Members of the Coalition cannot have it both ways. On the one hand they cannot call for additional beds and on the other hand when those beds are provided—as provided for in today's budget—they cannot incorrectly criticise the Government. That provision is in addition to initiatives announced in the 2007-08 budget for the Prince of Wales Hospital, which included $3.3 million towards the construction of a hyperbaric chamber at an estimated cost of $7.6 million. That vital, specialised equipment will be utilised by citizens across the State.

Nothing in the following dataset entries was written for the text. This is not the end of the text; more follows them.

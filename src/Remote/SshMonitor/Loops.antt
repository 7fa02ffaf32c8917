-- ===== src/Remote/SshMonitor/Loops.antt =====
-- What holds of the loops of remote/sshProcess.ts between two turns of the event loop.
use vscode_coder.Base.{
  ℕ, suc, ◌+◌, ◌*◌, ◌≤◌, ◌≡◌, refl, Bool, true, false, Option, none, some, List, [], ◌∷◌, String,
  get_elem?, inl, inr, Option-cases, Bool-cases, ltb, arith, total-append, total-remove_at,
  if◌then◌else◌,
}
use vscode_coder.Remote.NetworkStatus.{StatusBarItem, NetworkInfo}
use vscode_coder.Remote.SshTelemetry.{
  new_telemetry, process_started, process_lost, process_recovered, process_replaced, disposed,
  network_sampled, report_discovery, ProcessLossCause,
}
use vscode_coder.Remote.SshMonitor.{
  Options, Task, finding, find_delay, reading_logs, logs_delay, reading_info, info_delay, Monitor,
  await, discover_loop, search_for_process, set_pid_from, set_current_pid, log_loop, info_loop,
  start_monitoring, start, new_monitor, process_found, find_again, looked_up, logs_read, info_wait,
  mark_lost, show_info, loss_cause, stale_threshold, lose_process, Info, stat_failed, stated,
  info_failed, info_read, dispose,
}
use vscode_coder.Remote.SshMonitor.Steps.{
  Outcome, process_looked_up, directory_read, info_checked, delay_over, settle, Event, task_settled,
  dispose_called, keep, settle_at, step, run,
}
use vscode_coder.Remote.SshMonitor.Invariant.{is_main, outside, is_outside, InvWith, Inv}

module _ (o : Options) where
  await-Inv :
      (t : Task) {m : Monitor} → InvWith o (is_main t) m → is_outside o t ≡ 0 → Inv o (await t m)
  await-Inv t {m} v h =
      ground (arith, total-append is_main m.tasks t, total-append (is_outside o) m.tasks t)

  discover_loop-Inv :
      (attempts backoff : ℕ) (port : Option ℕ) (m : Monitor)
      → outside o backoff ≡ 0
      → InvWith o 1 m
      → Inv o (discover_loop attempts backoff port m)
  unfolding discover_loop
  discover_loop-Inv attempts backoff port m h v =
      ground (arith, await-Inv (finding (suc attempts) backoff port) v h)

  set_current_pid-Inv :
      (now pid main : ℕ) (m : Monitor)
      → InvWith o main m
      → InvWith o main (set_current_pid now pid m)
  unfolding set_current_pid set_pid_from process_started process_recovered process_replaced
  set_current_pid-Inv now pid main m v = ground arith

  log_loop-Inv :
      (target backoff main : ℕ) (m : Monitor)
      → outside o backoff ≡ 0
      → InvWith o main m
      → InvWith o main (log_loop target backoff m)
  unfolding log_loop
  log_loop-Inv target backoff main m h v = ground (
    arith,
    total-append is_main m.tasks (reading_logs target backoff),
    total-append (is_outside o) m.tasks (reading_logs target backoff),
  )

  info_loop-Inv : (failures : ℕ) (m : Monitor) → InvWith o 1 m → Inv o (info_loop failures m)
  unfolding info_loop
  info_loop-Inv failures m v =
      elim m.current_pid
        as (λ c. Inv o (elim c [
          | none ↦ m
          | some pid ↦ (if m.is_disposed then m else await (reading_info failures pid) m)
        ])) [
          | none ↦ ground arith
          | some pid ↦ ground (arith, await-Inv (reading_info failures pid) v refl)
        ]

  start_monitoring-Inv :
      (m : Monitor) → outside o o.discovery_poll ≡ 0 → InvWith o 1 m → Inv o (start_monitoring o m)
  unfolding start_monitoring
  start_monitoring-Inv m h v = elim (Option-cases m.current_pid) [
    | inl gone ↦ rw gone (ground arith)
    | inr (pid, held) ↦
        let logs = log_loop-Inv pid o.discovery_poll 1 m h v in
        rw held (
          ground
            (arith, info_loop-Inv 0 m v, info_loop-Inv 0 (log_loop pid o.discovery_poll m) logs))
  ]

  module _ (range : outside o o.discovery_poll ≡ 0) where
    search_for_process-Inv : (m : Monitor) → InvWith o 1 m → Inv o (search_for_process o m)
    unfolding search_for_process
    search_for_process-Inv m v = discover_loop-Inv 0 o.discovery_poll none m range v

    process_found-Inv :
        (now attempts pid : ℕ) (m : Monitor)
        → InvWith o 1 m
        → Inv o (process_found o now attempts pid m)
    unfolding process_found
    process_found-Inv now attempts pid m v =
        let told : InvWith o 1
            (record m { telemetry = report_discovery true attempts m.telemetry }) =
          ground arith in
        let set = set_current_pid-Inv now pid 1 _ told in
        ground (arith, start_monitoring-Inv _ range set)

    find_again-Inv :
        (attempts backoff : ℕ) (port : Option ℕ) (m : Monitor)
        → outside o backoff ≡ 0
        → InvWith o 1 m
        → Inv o (find_again attempts backoff port m)
    unfolding find_again
    find_again-Inv attempts backoff port m h v =
        ground (arith, await-Inv (find_delay attempts backoff port) v h)

    looked_up-Inv :
        (now attempts backoff : ℕ) (last pid port : Option ℕ) (m : Monitor)
        → outside o backoff ≡ 0
        → InvWith o 1 m
        → Inv o (looked_up o now attempts backoff last pid port m)
    unfolding looked_up
    looked_up-Inv now attempts backoff last none port m h v =
        find_again-Inv attempts _ _ m (ground arith) v
    looked_up-Inv now attempts backoff last (some pid) port m h v =
        process_found-Inv now attempts pid m v

    logs_read-Inv :
        (target backoff : ℕ) (path : Option String) (m : Monitor)
        → outside o backoff ≡ 0
        → Inv o m
        → Inv o (logs_read target backoff path m)
    unfolding logs_read
    logs_read-Inv target backoff none m h v =
        ground (arith, await-Inv (logs_delay target backoff) v h)
    logs_read-Inv target backoff (some path) m h v = ground arith

    info_wait-Inv : (failures : ℕ) (m : Monitor) → InvWith o 1 m → Inv o (info_wait failures m)
    unfolding info_wait
    info_wait-Inv failures m v = ground (arith, await-Inv (info_delay failures) v refl)

    mark_lost-Inv :
        (now : ℕ) (cause : ProcessLossCause) (m : Monitor)
        → ltb now (m.last_stale_search_time + stale_threshold o) ≡ false
        → InvWith o 1 m
        → InvWith o 1 (mark_lost now cause m)
    unfolding mark_lost process_lost
    mark_lost-Inv now cause m h v = ground arith

    lose_process-Inv :
        (now failures : ℕ) (m : Monitor) → InvWith o 1 m → Inv o (lose_process o now failures m)
    unfolding lose_process
    lose_process-Inv now failures m v =
        elim (Bool-cases (ltb now (m.last_stale_search_time + stale_threshold o))) [
          | inl soon ↦ rw soon (info_wait-Inv failures m v)
          | inr due ↦
              rw due (search_for_process-Inv _ (mark_lost-Inv now (loss_cause failures) m due v))
        ]

    info_failed-Inv :
        (now failures : ℕ) (m : Monitor) → InvWith o 1 m → Inv o (info_failed o now failures m)
    unfolding info_failed
    info_failed-Inv now failures m v =
        ground (arith, lose_process-Inv now failures m v, info_wait-Inv failures m v)

    show_info-Inv :
        (now : ℕ) (network : NetworkInfo) (is_stale : Bool) (threshold : ℕ) (m : Monitor)
        → InvWith o 1 m
        → InvWith o 1 (show_info now network is_stale threshold m)
    unfolding show_info network_sampled
    show_info-Inv now network is_stale threshold m v = ground arith

    info_read-Inv :
        (now failures : ℕ) (info : Info) (m : Monitor)
        → InvWith o 1 m
        → Inv o (info_read o now failures info m)
    unfolding info_read
    info_read-Inv now failures stat_failed m v = info_failed-Inv now (suc failures) m v
    info_read-Inv now failures (stated age none threshold) m v =
        ground (arith, lose_process-Inv now 0 m v, info_failed-Inv now 1 m v)
    info_read-Inv now failures (stated age (some network) threshold) m v =
        let shown = show_info-Inv now network (ltb (o.network_poll * 2) age) threshold m v in
        ground (arith, lose_process-Inv now 0 m v, info_wait-Inv 0 _ shown)

    -- what a task may leave, if it can end so
    abbrev Settled : Option Monitor → Type 0
    Settled none = Unit
    Settled (some m) = Inv o m

    settle-Inv :
        (now : ℕ) (t : Task) (outcome : Outcome) (m : Monitor)
        → is_outside o t ≡ 0
        → InvWith o (is_main t) m
        → Settled (settle o now t outcome m)
    unfolding settle
    settle-Inv now (finding attempts backoff last) (process_looked_up pid port) m h v =
        looked_up-Inv now attempts backoff last pid port m h v
    settle-Inv now (find_delay attempts backoff last) delay_over m h v =
        discover_loop-Inv attempts _ last m (ground arith) v
    settle-Inv now (reading_logs target backoff) (directory_read path) m h v =
        logs_read-Inv target backoff path m h v
    settle-Inv now (logs_delay target backoff) delay_over m h v =
        log_loop-Inv target _ 0 m (ground arith) v
    settle-Inv now (reading_info failures pid) (info_checked info) m h v =
        info_read-Inv now failures info m v
    settle-Inv now (info_delay failures) delay_over m h v = info_loop-Inv failures m v
    settle-Inv now _ _ m h v = tt

    keep-Inv : (m : Monitor) (n : Option Monitor) → Inv o m → Settled n → Inv o (keep m n)
    keep-Inv m none v w = v
    keep-Inv m (some n) v w = w

    settle_at-Inv :
        (now i : ℕ) (outcome : Outcome) (t : Option Task) (m : Monitor)
        → get_elem? m.tasks i ≡ t
        → Inv o m
        → Inv o (settle_at o now i outcome t m)
    unfolding settle_at
    settle_at-Inv now i outcome none m h v = v
    settle_at-Inv now i outcome (some t) m h v =
        let mains = total-remove_at is_main m.tasks i t h in
        let outsides = total-remove_at (is_outside o) m.tasks i t h in
        keep-Inv m _ v (settle-Inv now t outcome _ (ground arith) (ground arith))

    dispose-Inv : (now : ℕ) (m : Monitor) → Inv o m → Inv o (dispose now m)
    unfolding dispose disposed
    dispose-Inv now m v = ground arith

    step-Inv : (e : Event) (m : Monitor) → Inv o m → Inv o (step o e m)
    unfolding step
    step-Inv (task_settled now i outcome) m v = settle_at-Inv now i outcome _ m refl v
    step-Inv (dispose_called now) m v = dispose-Inv now m v

    run-Inv : (es : List Event) (m : Monitor) → Inv o m → Inv o (run o m es)
    unfolding run
    run-Inv [] m v = v
    run-Inv (e ∷ es) m v = run-Inv es (step o e m) (step-Inv e m v)

    start-Inv : (item : StatusBarItem) → Inv o (start o item)
    unfolding start new_telemetry
    start-Inv item = search_for_process-Inv (new_monitor item) (ground arith)

-- Where the first interval is no longer than the longest, whatever the looked-up processes, the files
-- and the timers bring, in any order: the search for the process and the watch of its network file
-- never run twice or at once; every wait of a search lies between the two intervals; a lost process is
-- searched for at most once in five polls; and the process was reported lost as often as that was
-- reported over, once more while it is lost.
pub start-run-loops :
    (o : Options) (item : StatusBarItem) (es : List Event)
    → o.discovery_poll ≤ o.max_backoff
    → Inv o (run o (start o item) es)
start-run-loops o item es h =
    let range : outside o o.discovery_poll ≡ 0 = ground arith in
    run-Inv o range es _ (start-Inv o range item)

The 2007-08 budget makes provisions for the next financial year and was delivered before the start of that financial year. Members would be aware that throughout the year the Government must cater for unforeseen expenditures. The bill ensures that variations to the 2007-08 budget are appropriated by Parliament and that there is a transparent process for examining that expenditure. The Government, in presenting a further appropriation bill, seeks, as far as possible, to ensure that Parliament has the opportunity to scrutinise anticipated additional funding requirements prior to expenditures being incurred. That practice has an enhanced accountability for the expenditure of public moneys from the Consolidated Fund. Members opposite may need to be reminded that some other items relevant to the bill include the $10 million for a new educational wing at the Museum of Contemporary Art.

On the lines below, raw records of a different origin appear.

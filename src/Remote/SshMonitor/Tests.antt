-- ===== src/Remote/SshMonitor/Tests.antt =====
-- Tests and examples for the SSH process monitor.
use vscode_coder.Remote.SshTelemetry.{
  new_telemetry, process_started, process_lost, process_recovered, process_replaced, disposed,
  has_meaningful_latency_change, should_emit_sample, network_sampled,
}
use vscode_coder.Base.{◌+◌, ◌≡◌, refl, true, false, none, some, List, [], ◌∷◌, ◌++◌, length, arith}
use vscode_coder.Remote.NetworkStatus.{StatusBarItem, update_warning_state, update}
use vscode_coder.Remote.SshMonitor.{
  Options, reading_logs, logs_delay, reading_info, start, stated, discover_loop, search_for_process,
  set_pid_from, set_current_pid, log_loop, info_loop, start_monitoring, process_found, find_again,
  looked_up, logs_read, info_wait, mark_lost, lose_process, info_failed, show_info, info_read,
  dispose,
}
use vscode_coder.Remote.SshMonitor.Steps.{
  Event, process_looked_up, directory_read, info_checked, delay_over, task_settled, dispose_called,
  run, settle, settle_at, step,
}
use vscode_coder.Remote.SshMonitor.Invariant.{Inv}
use vscode_coder.Remote.SshMonitor.Loops.{start-run-loops}
use vscode_coder.Remote.SshMonitor.Disposal.{Ended, resumed, disposed-Ended}

abbrev item : StatusBarItem
item = record { text = none; warning_background = false; command = none }

abbrev options : Options
options = record {
  discovery_poll = 1000;
  max_backoff = 30000;
  network_poll = 3000;
  has_log_dir = true;
}

-- The process is found at the second attempt; the log directory holds no file for it, and its network
-- file is stale.
abbrev lost_events : List Event
lost_events =
    task_settled 0 0 (process_looked_up none (some 22))
    ∷ task_settled 1000 0 delay_over
    ∷ task_settled 1000 0 (process_looked_up (some 7) (some 23))
    ∷ task_settled 1000 0 (directory_read none)
    ∷ task_settled 20000 0 (info_checked (stated 16000 none 0))
    ∷ []

-- The same process is found again: the search for its log file runs twice from then on.
abbrev found_again : List Event
found_again = lost_events ++ task_settled 20000 1 (process_looked_up (some 7) (some 23)) ∷ []

two_log_searches :
    (run options (start options item) found_again).tasks
    ≡ logs_delay 7 1000 ∷ reading_logs 7 1000 ∷ reading_info 0 7 ∷ []
unfolding update_warning_state update new_telemetry process_started process_lost process_recovered
    process_replaced disposed has_meaningful_latency_change should_emit_sample network_sampled
    discover_loop search_for_process set_pid_from set_current_pid log_loop info_loop
    start_monitoring start process_found find_again looked_up logs_read info_wait mark_lost
    lose_process info_failed show_info info_read dispose settle settle_at step run
two_log_searches = refl

start-run-loops_example : Inv options (run options (start options item) found_again)
start-run-loops_example = start-run-loops options item found_again (omega arith)

abbrev last_events : List Event
last_events =
    task_settled 20001 1 (directory_read (some "a-7.log")) ∷ task_settled 20001 0 delay_over ∷ []

is_disposed_now :
    (run options (start options item) (found_again ++ dispose_called 20000 ∷ [])).is_disposed ≡ true
unfolding update_warning_state update new_telemetry process_started process_lost process_recovered
    process_replaced disposed has_meaningful_latency_change should_emit_sample network_sampled
    discover_loop search_for_process set_pid_from set_current_pid log_loop info_loop
    start_monitoring start process_found find_again looked_up logs_read info_wait mark_lost
    lose_process info_failed show_info info_read dispose settle settle_at step run
is_disposed_now = refl

disposed-Ended_example :
    let m = run options (start options item) (found_again ++ dispose_called 20000 ∷ []) in
    Ended m (run options m last_events)
    × (length (run options m last_events).tasks + resumed options m last_events ≡ length m.tasks)
disposed-Ended_example =
    disposed-Ended options last_events
      (run options (start options item) (found_again ++ dispose_called 20000 ∷ [])) is_disposed_now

Ms Linda Burney: Hear! Hear!
Mr MICHAEL DALEY: The Minister for Fair Trading said, "Hear! Hear!" Further, $10.3 million has been allocated to extend the school safety zone plan and $4.4 million to cover World Youth Day planning costs.

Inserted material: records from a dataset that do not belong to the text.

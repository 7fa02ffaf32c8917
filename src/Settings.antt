-- ===== src/Settings.antt =====
-- Parts of src/settings.
pub mod Cli
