-- ===== src/Util/Shell.antt =====
-- The quoting of command arguments in src/util.ts.
pub mod Posix
pub mod Quoting
mod Tests
use vscode_coder.Base.{
  ℕ, Bool, true, false, not, ◌&&◌, ◌||◌, [], ◌∷◌, ◌++◌, Text, codes, is_empty, is_digit, has, all,
  leb, ◌==◌, if◌then◌else◌,
}

-- the characters of `[\w@%+,=:./-]`
unfoldable pub is_safe : ℕ → Bool
is_safe c =
    is_digit c
    || (leb b'a' c && leb c b'z')
    || (leb b'A' c && leb c b'Z')
    || has (codes "_@%+,=:./-") c

-- `replaceAll` and global `replace` of one character
abbrev pub replace_all : ℕ → Text → Text → Text
replace_all old new [] = []
replace_all old new (c ∷ t) =
    let rest = replace_all old new t in if c == old then new ++ rest else c ∷ rest

-- `escapeCommandArg`
unfoldable pub escape_command_arg : Text → Text
escape_command_arg arg =
    if not (is_empty arg) && all is_safe arg
    then arg
    else b'"' ∷ (replace_all b'"' (b'\\' ∷ b'"' ∷ []) arg ++ b'"' ∷ [])

-- `escapeShellArg`, with whether the platform is win32
unfoldable pub escape_shell_arg : Bool → Text → Text
escape_shell_arg true arg =
    let escaped = replace_all b'%' (b'%' ∷ b'%' ∷ []) (replace_all b'"' (b'"' ∷ b'"' ∷ []) arg) in
    b'"' ∷ (escaped ++ b'"' ∷ [])
escape_shell_arg false arg =
    b'\'' ∷ (replace_all b'\'' (b'\'' ∷ b'\\' ∷ b'\'' ∷ b'\'' ∷ []) arg ++ b'\'' ∷ [])
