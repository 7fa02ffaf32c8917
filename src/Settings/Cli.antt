-- ===== src/Settings/Cli.antt =====
-- settings/cli.ts and the header arguments of settings/headers.ts: the flags for the Coder CLI. The
-- user's flags come with their paths expanded, and the settings come trimmed.
pub mod Managed
mod Tests
use vscode_coder.Base.{
  Bool, true, false, not, ◌&&◌, ◌||◌, Option, none, some, List, [], ◌∷◌, ◌++◌, map, Text, codes,
  text_eq, starts_with, is_empty, any, if◌then◌else◌,
}
use vscode_coder.Util.Shell.{escape_command_arg, escape_shell_arg}

pub data CliAuth : Type 0 where
  global_config : (config_dir : Text) → (allow_override : Bool) → CliAuth
  url : Text → CliAuth

-- The settings that the flags depend on.
pub record Configs : Type 0 where
  pub global_flags : List Text
  pub header_command : Option Text

abbrev pub use_keyring_flag : Text
use_keyring_flag = codes "--use-keyring"

abbrev pub global_config_flag : Text
global_config_flag = codes "--global-config"

-- `isFlag`
unfoldable pub is_flag : Text → Text → Bool
is_flag item name =
    text_eq item name
    || starts_with (name ++ codes "=") item
    || starts_with (name ++ codes " ") item

-- What the loop of `stripManagedFlags` does with a flag.
pub data FlagAction : Type 0 where
  keep skip skip_with_value : FlagAction

unfoldable pub action_of : Bool → Text → FlagAction
action_of strip_global_config flag =
    if is_flag flag use_keyring_flag
    then skip
    else if strip_global_config && is_flag flag global_config_flag
    then (if text_eq flag global_config_flag then skip_with_value else skip)
    else keep

abbrev pub takes_value : FlagAction → Bool
takes_value skip_with_value = true
takes_value _ = false

abbrev pub push : FlagAction → Text → List Text → List Text
push keep flag filtered = flag ∷ filtered
push _ flag filtered = filtered

-- the loop, with whether `i++` skips the next item
unfoldable pub strip_from : Bool → Bool → List Text → List Text
strip_from strip_global_config skipping [] = []
strip_from strip_global_config true (flag ∷ flags) = strip_from strip_global_config false flags
strip_from strip_global_config false (flag ∷ flags) =
    let action = action_of strip_global_config flag in
    push action flag (strip_from strip_global_config (takes_value action) flags)

-- `stripManagedFlags`
abbrev pub strip_managed_flags : List Text → Bool → List Text
strip_managed_flags flags strip_global_config = strip_from strip_global_config false flags

-- `getHeaderArgs`; an empty command is no command
unfoldable pub get_header_args : Configs → (Text → Text) → List Text
get_header_args configs esc = elim configs.header_command [
  | none ↦ []
  | some command ↦ if is_empty command then [] else codes "--header-command" ∷ esc command ∷ []
]

-- `honorOverride`
abbrev pub honor_override : Configs → Bool → Bool
honor_override configs allow_override =
    allow_override && any (λ flag. is_flag flag global_config_flag) configs.global_flags

-- `buildGlobalFlags`
unfoldable pub build_global_flags : Configs → CliAuth → (Text → Text) → (Text → Text) → List Text
build_global_flags configs (url u) esc_auth esc_header =
    map esc_auth (strip_managed_flags configs.global_flags true)
    ++ (codes "--url" ∷ esc_auth u ∷ get_header_args configs esc_header)
build_global_flags configs (global_config dir allow) esc_auth esc_header =
    let honored = honor_override configs allow in
    let auth_flags = if honored then [] else global_config_flag ∷ esc_auth dir ∷ [] in
    map esc_auth (strip_managed_flags configs.global_flags (not honored))
    ++ (auth_flags ++ get_header_args configs esc_header)

-- `getGlobalShellFlags`, on a platform
unfoldable pub get_global_shell_flags : Bool → Configs → CliAuth → List Text
unfolding build_global_flags
get_global_shell_flags win32 configs auth =
    build_global_flags configs auth escape_command_arg (escape_shell_arg win32)

-- `getGlobalFlags`
unfoldable pub get_global_flags : Configs → CliAuth → List Text
unfolding build_global_flags
get_global_flags configs auth = build_global_flags configs auth (λ s. s) (λ s. s)

-- The parts of the feature set that the CLI's authentication depends on.
pub record FeatureSet : Type 0 where
  pub keyring_auth : Bool
  pub token_read : Bool

-- `isKeyringEnabled`, given the platform's support and the setting
abbrev pub is_keyring_enabled : (supported use_keyring : Bool) → Bool
is_keyring_enabled supported use_keyring = supported && use_keyring

-- `resolveCliAuth`
unfoldable pub resolve_cli_auth :
    (supported use_keyring : Bool) → FeatureSet → (deployment_url config_dir : Text) → CliAuth
resolve_cli_auth supported use_keyring features deployment_url config_dir =
    if is_keyring_enabled supported use_keyring && features.keyring_auth
    then url deployment_url
    else global_config config_dir features.token_read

Mr Mike Baird: A big plan.
Mr MICHAEL DALEY: Yes, a big plan, as the member for Manly quite rightly pointed out, in respect of the Government's budgetary achievements for the State. I remind the House that the bill includes $140 million to reduce rail debt. That is on top of the $960 million in rail debt repayment announced during the 2007-08 budget. It is prudent financial management for the Government to pay down debt where it can. Members opposite know all about debt: they are tremendous at racking it up but no good whatsoever at paying it off. Without exception they always leave that up to the Government. As highlighted in this debate, the Government's presentation of this bill is further evidence of its commitment to transparent and full financial reporting to Parliament and the community. I commend the bill to the House.
Question—That this bill be now agreed to in principle—put and resolved in the affirmative.
Motion agreed to.
Bill agreed to in principle.
Passing of the Bill
Bill declared passed and transmitted to the Legislative Council with a message seeking its concurrence in the bill.